→ Task item
Once you reach the line that holds "-- A series" in the listing below, output it and every line after it through the line that holds "ground (arith, p, n, e)", word for word.
*** Opening of Supplied material ***
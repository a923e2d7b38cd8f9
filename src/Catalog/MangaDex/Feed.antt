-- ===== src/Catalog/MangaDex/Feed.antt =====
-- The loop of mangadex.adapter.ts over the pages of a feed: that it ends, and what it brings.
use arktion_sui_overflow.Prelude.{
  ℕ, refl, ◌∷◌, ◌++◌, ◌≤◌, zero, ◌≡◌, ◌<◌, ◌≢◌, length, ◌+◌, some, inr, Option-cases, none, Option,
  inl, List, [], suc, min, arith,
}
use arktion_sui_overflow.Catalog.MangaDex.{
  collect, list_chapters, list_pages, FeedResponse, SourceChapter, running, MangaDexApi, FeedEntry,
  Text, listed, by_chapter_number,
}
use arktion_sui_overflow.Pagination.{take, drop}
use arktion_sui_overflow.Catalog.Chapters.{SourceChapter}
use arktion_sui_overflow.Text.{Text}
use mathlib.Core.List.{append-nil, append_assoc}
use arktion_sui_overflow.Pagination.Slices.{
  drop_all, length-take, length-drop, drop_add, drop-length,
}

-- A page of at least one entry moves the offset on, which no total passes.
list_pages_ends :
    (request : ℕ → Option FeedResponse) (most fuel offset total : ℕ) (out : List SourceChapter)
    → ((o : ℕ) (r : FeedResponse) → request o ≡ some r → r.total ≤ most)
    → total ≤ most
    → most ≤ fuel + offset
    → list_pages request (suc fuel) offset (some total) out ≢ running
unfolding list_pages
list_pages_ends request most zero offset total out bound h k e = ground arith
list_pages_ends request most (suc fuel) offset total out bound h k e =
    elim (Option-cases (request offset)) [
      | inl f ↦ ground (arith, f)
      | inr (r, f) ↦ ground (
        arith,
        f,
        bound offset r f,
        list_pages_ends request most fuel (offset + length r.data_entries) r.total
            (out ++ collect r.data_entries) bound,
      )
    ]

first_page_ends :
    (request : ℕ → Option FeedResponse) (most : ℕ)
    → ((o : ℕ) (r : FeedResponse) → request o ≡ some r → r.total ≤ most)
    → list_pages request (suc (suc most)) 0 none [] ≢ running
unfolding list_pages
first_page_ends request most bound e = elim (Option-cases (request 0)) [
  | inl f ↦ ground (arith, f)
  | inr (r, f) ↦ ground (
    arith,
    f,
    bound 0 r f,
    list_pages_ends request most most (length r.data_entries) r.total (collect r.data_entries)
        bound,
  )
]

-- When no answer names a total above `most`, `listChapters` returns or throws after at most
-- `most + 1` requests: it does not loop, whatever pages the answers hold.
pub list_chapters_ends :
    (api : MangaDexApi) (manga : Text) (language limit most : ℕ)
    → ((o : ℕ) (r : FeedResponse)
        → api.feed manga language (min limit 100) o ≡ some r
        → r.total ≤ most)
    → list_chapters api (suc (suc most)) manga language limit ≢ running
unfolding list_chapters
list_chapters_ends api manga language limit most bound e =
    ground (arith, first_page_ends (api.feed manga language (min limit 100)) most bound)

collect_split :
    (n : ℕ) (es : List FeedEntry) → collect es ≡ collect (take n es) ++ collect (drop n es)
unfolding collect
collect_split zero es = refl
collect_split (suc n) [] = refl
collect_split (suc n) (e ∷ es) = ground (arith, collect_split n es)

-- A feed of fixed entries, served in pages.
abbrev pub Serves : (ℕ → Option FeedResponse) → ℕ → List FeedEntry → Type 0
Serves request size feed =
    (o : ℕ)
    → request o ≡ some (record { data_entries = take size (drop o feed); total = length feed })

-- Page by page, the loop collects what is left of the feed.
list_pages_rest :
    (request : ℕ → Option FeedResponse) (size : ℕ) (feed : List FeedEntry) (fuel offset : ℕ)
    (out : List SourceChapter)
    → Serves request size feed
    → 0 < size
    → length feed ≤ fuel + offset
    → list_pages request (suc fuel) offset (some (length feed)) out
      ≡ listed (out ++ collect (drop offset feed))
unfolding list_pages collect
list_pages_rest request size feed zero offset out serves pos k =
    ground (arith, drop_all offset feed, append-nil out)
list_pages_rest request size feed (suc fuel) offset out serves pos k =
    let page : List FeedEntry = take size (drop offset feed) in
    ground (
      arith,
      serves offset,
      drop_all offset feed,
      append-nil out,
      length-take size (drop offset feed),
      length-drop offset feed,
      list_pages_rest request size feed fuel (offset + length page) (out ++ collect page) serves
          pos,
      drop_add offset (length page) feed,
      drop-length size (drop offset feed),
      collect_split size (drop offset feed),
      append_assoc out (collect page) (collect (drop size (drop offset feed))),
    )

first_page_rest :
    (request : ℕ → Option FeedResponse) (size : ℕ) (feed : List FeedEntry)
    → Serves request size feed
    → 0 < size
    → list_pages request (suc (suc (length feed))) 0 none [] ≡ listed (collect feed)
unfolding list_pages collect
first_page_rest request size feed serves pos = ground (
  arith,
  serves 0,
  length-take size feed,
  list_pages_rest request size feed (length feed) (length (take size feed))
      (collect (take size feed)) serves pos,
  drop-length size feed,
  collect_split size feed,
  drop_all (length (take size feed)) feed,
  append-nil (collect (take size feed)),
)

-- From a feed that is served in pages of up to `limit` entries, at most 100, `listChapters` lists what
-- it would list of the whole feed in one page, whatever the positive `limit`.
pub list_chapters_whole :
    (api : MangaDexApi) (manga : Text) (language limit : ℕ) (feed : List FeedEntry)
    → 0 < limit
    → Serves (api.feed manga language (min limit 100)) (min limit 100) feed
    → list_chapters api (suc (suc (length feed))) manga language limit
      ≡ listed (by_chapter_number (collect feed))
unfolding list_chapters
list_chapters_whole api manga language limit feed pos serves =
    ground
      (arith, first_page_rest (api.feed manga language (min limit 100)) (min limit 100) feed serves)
*** Close of Supplied material ***
*** Opening of Supplied material ***
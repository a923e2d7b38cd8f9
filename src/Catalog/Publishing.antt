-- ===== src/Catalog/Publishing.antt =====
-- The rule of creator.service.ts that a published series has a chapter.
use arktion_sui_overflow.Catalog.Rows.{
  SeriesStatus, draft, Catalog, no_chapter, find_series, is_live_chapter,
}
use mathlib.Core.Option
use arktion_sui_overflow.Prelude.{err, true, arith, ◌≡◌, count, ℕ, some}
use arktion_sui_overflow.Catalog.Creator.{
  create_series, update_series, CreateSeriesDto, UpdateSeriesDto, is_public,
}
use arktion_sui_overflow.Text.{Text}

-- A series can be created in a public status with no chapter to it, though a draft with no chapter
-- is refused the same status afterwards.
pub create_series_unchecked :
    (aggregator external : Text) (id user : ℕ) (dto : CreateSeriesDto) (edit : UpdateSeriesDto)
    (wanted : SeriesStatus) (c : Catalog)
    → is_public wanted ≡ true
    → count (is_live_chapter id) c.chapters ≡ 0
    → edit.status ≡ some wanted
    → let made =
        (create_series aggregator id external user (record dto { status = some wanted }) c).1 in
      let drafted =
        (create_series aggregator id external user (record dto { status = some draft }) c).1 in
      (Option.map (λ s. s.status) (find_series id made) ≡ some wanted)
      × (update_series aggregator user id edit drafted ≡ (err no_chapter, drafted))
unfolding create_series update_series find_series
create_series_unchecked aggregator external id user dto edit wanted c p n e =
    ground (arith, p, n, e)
*** Close of Supplied material ***
→ Task response
-- A series can be created in a public status with no chapter to it, though a draft with no chapter
-- is refused the same status afterwards.
pub create_series_unchecked :
    (aggregator external : Text) (id user : ℕ) (dto : CreateSeriesDto) (edit : UpdateSeriesDto)
    (wanted : SeriesStatus) (c : Catalog)
    → is_public wanted ≡ true
    → count (is_live_chapter id) c.chapters ≡ 0
    → edit.status ≡ some wanted
    → let made =
        (create_series aggregator id external user (record dto { status = some wanted }) c).1 in
      let drafted =
        (create_series aggregator id external user (record dto { status = some draft }) c).1 in
      (Option.map (λ s. s.status) (find_series id made) ≡ some wanted)
      × (update_series aggregator user id edit drafted ≡ (err no_chapter, drafted))
unfolding create_series update_series find_series
create_series_unchecked aggregator external id user dto edit wanted c p n e =
    ground (arith, p, n, e)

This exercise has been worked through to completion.